**Task prompt:** Across the lines of the records below, how many have the string "held" in them? Answer with the number alone.

**Records shown:**
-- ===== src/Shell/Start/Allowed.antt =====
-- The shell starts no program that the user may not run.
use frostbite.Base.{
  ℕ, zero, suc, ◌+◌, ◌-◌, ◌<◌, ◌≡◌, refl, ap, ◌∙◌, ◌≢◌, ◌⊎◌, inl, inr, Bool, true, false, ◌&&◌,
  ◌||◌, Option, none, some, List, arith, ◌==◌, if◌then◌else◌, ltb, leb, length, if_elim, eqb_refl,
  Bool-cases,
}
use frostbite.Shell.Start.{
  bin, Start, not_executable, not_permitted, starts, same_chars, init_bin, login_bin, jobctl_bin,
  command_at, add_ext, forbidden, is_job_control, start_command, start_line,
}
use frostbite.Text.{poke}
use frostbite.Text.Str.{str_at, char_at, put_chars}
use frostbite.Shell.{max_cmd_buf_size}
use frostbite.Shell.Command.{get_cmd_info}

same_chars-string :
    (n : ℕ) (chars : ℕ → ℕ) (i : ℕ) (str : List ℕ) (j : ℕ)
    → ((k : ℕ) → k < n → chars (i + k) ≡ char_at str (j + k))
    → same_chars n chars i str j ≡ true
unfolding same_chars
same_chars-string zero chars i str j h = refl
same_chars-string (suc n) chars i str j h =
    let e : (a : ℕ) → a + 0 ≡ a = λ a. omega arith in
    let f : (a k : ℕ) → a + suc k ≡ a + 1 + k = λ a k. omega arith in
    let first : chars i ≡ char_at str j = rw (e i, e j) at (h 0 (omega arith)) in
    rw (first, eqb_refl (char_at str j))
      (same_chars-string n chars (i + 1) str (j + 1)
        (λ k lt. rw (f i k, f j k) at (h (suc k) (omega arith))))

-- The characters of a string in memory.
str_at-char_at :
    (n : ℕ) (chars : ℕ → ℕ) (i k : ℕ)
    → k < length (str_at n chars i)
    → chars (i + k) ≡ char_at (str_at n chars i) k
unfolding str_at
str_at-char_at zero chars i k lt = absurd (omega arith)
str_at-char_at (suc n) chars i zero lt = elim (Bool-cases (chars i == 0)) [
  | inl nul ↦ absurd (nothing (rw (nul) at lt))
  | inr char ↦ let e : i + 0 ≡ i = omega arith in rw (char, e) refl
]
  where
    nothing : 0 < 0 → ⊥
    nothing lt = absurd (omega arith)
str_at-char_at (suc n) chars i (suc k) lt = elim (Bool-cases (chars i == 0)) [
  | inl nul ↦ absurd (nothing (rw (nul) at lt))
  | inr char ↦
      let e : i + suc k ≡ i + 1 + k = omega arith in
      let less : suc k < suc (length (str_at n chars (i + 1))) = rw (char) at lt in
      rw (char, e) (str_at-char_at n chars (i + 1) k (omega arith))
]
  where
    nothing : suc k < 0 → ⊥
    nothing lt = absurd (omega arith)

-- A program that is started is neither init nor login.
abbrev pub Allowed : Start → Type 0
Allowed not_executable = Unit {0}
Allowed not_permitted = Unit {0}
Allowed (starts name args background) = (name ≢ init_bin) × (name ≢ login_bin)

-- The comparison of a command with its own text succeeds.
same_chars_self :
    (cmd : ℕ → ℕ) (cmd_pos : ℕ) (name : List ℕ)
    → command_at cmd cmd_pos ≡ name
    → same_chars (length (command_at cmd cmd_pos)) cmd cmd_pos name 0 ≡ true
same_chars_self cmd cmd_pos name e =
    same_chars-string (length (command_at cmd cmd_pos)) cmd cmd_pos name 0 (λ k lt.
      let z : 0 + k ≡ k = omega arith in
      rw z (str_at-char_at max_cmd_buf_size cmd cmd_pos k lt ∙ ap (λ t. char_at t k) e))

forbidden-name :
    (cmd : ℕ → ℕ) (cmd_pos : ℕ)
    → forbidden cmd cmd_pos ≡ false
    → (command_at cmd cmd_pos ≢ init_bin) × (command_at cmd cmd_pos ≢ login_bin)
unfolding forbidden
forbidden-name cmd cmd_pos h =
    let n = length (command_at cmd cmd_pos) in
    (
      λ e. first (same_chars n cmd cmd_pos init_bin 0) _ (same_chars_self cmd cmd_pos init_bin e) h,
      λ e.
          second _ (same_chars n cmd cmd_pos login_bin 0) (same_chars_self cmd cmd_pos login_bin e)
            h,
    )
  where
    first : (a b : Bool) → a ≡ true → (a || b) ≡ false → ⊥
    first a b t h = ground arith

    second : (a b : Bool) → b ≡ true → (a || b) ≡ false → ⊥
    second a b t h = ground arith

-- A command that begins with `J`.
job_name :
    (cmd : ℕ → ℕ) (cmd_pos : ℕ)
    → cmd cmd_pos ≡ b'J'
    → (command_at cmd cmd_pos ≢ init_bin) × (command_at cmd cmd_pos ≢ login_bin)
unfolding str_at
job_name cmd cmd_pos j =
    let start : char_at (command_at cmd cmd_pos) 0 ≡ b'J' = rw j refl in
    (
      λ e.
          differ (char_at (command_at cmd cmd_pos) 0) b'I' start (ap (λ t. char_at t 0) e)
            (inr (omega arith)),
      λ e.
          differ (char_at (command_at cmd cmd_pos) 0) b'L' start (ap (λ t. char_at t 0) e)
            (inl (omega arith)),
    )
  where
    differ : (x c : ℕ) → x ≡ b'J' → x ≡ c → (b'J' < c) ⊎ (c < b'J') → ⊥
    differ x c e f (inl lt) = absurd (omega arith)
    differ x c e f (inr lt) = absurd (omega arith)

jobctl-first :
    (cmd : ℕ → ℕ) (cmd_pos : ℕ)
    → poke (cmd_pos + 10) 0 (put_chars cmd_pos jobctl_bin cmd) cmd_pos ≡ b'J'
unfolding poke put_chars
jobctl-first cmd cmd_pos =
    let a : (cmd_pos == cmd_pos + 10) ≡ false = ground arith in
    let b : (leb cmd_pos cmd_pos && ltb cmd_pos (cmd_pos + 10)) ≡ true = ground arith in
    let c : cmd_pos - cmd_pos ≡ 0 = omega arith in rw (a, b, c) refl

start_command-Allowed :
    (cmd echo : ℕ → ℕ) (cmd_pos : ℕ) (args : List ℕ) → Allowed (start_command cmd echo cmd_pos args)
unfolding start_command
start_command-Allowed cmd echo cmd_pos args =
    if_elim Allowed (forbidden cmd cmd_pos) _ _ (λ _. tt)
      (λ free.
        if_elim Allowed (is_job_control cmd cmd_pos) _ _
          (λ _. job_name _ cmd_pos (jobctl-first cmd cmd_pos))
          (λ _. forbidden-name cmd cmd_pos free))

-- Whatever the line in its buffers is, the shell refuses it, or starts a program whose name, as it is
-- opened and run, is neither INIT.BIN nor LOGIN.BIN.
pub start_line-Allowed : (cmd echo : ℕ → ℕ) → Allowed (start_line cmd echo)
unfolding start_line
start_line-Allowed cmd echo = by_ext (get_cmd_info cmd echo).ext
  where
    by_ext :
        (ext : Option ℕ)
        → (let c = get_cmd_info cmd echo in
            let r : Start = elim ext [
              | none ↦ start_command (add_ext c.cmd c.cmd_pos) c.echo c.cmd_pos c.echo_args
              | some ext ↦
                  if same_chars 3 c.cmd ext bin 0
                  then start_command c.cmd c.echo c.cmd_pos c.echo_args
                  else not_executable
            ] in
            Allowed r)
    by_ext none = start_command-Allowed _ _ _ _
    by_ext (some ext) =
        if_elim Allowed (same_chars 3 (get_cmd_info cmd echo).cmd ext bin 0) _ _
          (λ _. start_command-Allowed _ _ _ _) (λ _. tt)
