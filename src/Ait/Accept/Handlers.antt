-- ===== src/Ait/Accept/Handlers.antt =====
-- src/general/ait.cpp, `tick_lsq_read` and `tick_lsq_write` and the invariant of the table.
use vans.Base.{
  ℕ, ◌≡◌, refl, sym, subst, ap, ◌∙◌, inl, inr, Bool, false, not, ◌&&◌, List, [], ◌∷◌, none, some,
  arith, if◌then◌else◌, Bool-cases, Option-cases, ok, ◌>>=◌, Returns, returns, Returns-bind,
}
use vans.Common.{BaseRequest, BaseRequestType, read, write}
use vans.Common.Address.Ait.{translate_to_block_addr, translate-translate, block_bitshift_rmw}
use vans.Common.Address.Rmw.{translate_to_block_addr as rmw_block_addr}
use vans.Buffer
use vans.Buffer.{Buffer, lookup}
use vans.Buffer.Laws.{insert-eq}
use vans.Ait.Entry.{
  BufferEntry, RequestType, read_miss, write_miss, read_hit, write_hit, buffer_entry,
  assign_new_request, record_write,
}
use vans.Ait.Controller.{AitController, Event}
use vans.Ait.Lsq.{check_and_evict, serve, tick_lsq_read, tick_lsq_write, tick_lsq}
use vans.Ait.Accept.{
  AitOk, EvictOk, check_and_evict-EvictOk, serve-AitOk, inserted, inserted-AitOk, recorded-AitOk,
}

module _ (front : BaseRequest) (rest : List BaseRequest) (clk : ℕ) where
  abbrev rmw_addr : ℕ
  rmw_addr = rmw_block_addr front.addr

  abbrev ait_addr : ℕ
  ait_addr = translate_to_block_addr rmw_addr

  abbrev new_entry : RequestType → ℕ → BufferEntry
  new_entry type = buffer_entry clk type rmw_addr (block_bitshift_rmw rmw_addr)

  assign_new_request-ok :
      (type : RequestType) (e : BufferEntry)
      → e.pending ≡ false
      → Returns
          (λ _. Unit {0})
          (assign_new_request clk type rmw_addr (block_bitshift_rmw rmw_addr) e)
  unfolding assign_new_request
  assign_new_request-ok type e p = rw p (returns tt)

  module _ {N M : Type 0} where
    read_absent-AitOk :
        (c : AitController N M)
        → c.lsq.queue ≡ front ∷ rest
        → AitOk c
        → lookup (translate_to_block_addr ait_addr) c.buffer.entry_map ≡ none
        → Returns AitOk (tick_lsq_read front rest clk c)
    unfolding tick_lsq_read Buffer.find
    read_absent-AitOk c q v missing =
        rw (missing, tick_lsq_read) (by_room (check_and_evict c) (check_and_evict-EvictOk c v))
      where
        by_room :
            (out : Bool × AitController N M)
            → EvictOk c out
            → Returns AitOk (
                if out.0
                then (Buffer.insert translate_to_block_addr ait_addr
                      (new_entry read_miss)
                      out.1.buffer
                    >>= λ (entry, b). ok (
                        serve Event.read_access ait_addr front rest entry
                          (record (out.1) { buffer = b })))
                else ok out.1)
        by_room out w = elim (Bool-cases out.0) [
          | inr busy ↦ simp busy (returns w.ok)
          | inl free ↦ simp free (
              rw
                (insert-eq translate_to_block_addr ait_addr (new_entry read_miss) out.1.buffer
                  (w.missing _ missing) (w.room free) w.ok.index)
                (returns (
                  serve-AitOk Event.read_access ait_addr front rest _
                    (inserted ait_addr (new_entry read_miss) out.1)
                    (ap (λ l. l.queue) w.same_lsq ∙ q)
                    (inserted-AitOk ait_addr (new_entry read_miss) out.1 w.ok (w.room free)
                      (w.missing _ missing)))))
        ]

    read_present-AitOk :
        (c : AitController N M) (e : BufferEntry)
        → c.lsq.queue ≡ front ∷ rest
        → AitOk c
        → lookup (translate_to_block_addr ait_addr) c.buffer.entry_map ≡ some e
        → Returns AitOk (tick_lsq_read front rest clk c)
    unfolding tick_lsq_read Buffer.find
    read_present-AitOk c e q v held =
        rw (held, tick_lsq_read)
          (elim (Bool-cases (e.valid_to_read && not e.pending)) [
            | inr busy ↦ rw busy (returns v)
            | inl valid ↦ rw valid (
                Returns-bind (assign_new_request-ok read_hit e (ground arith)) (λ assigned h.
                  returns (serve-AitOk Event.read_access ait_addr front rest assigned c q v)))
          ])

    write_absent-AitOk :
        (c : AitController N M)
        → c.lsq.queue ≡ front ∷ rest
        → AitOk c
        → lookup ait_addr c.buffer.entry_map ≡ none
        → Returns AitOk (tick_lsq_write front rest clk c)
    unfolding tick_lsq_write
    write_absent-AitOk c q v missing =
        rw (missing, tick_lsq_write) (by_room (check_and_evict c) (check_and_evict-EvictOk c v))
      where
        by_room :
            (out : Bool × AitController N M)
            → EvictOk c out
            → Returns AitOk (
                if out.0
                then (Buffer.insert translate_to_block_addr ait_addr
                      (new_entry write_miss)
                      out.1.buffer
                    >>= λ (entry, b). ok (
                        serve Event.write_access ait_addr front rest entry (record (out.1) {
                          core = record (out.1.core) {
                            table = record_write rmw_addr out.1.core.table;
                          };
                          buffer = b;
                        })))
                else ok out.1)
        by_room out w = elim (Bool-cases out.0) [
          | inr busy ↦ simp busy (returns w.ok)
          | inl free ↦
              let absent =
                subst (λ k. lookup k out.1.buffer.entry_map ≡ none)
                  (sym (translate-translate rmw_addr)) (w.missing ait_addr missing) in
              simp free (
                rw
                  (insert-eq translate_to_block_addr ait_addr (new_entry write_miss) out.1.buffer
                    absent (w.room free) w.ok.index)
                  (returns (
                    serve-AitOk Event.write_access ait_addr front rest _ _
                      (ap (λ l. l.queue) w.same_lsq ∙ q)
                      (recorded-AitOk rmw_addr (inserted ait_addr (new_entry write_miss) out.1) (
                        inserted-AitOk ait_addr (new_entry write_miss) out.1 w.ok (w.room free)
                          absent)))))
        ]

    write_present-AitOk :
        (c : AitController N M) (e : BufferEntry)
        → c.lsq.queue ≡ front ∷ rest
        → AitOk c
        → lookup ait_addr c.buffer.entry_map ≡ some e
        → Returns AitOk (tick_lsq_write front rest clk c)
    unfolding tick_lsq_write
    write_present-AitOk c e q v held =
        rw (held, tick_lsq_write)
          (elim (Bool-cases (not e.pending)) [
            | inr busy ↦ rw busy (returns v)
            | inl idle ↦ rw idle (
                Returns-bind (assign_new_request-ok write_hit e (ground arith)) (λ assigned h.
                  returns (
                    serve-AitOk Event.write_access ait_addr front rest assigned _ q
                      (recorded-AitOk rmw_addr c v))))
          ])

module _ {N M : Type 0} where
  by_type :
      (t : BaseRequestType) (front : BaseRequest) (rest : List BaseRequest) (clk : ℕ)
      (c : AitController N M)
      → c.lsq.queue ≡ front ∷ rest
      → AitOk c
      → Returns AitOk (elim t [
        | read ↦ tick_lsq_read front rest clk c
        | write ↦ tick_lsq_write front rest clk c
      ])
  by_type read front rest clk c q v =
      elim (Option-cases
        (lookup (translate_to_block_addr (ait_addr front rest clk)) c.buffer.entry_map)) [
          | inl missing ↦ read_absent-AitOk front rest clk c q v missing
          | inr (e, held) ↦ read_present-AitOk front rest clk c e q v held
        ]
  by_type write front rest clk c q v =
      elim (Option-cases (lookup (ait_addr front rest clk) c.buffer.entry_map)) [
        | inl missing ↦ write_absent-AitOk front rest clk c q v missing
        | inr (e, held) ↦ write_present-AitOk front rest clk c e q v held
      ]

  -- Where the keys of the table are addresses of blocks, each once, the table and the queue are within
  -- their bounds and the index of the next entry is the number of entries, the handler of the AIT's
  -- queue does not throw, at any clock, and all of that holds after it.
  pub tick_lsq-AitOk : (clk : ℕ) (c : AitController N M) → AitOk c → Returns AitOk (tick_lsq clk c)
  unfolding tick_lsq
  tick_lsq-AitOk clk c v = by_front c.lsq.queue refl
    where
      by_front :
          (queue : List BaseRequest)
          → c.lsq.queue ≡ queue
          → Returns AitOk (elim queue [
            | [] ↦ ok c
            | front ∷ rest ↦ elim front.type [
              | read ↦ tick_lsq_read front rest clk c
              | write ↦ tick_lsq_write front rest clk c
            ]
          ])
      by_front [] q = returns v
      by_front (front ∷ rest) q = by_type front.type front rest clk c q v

**Reply:** 6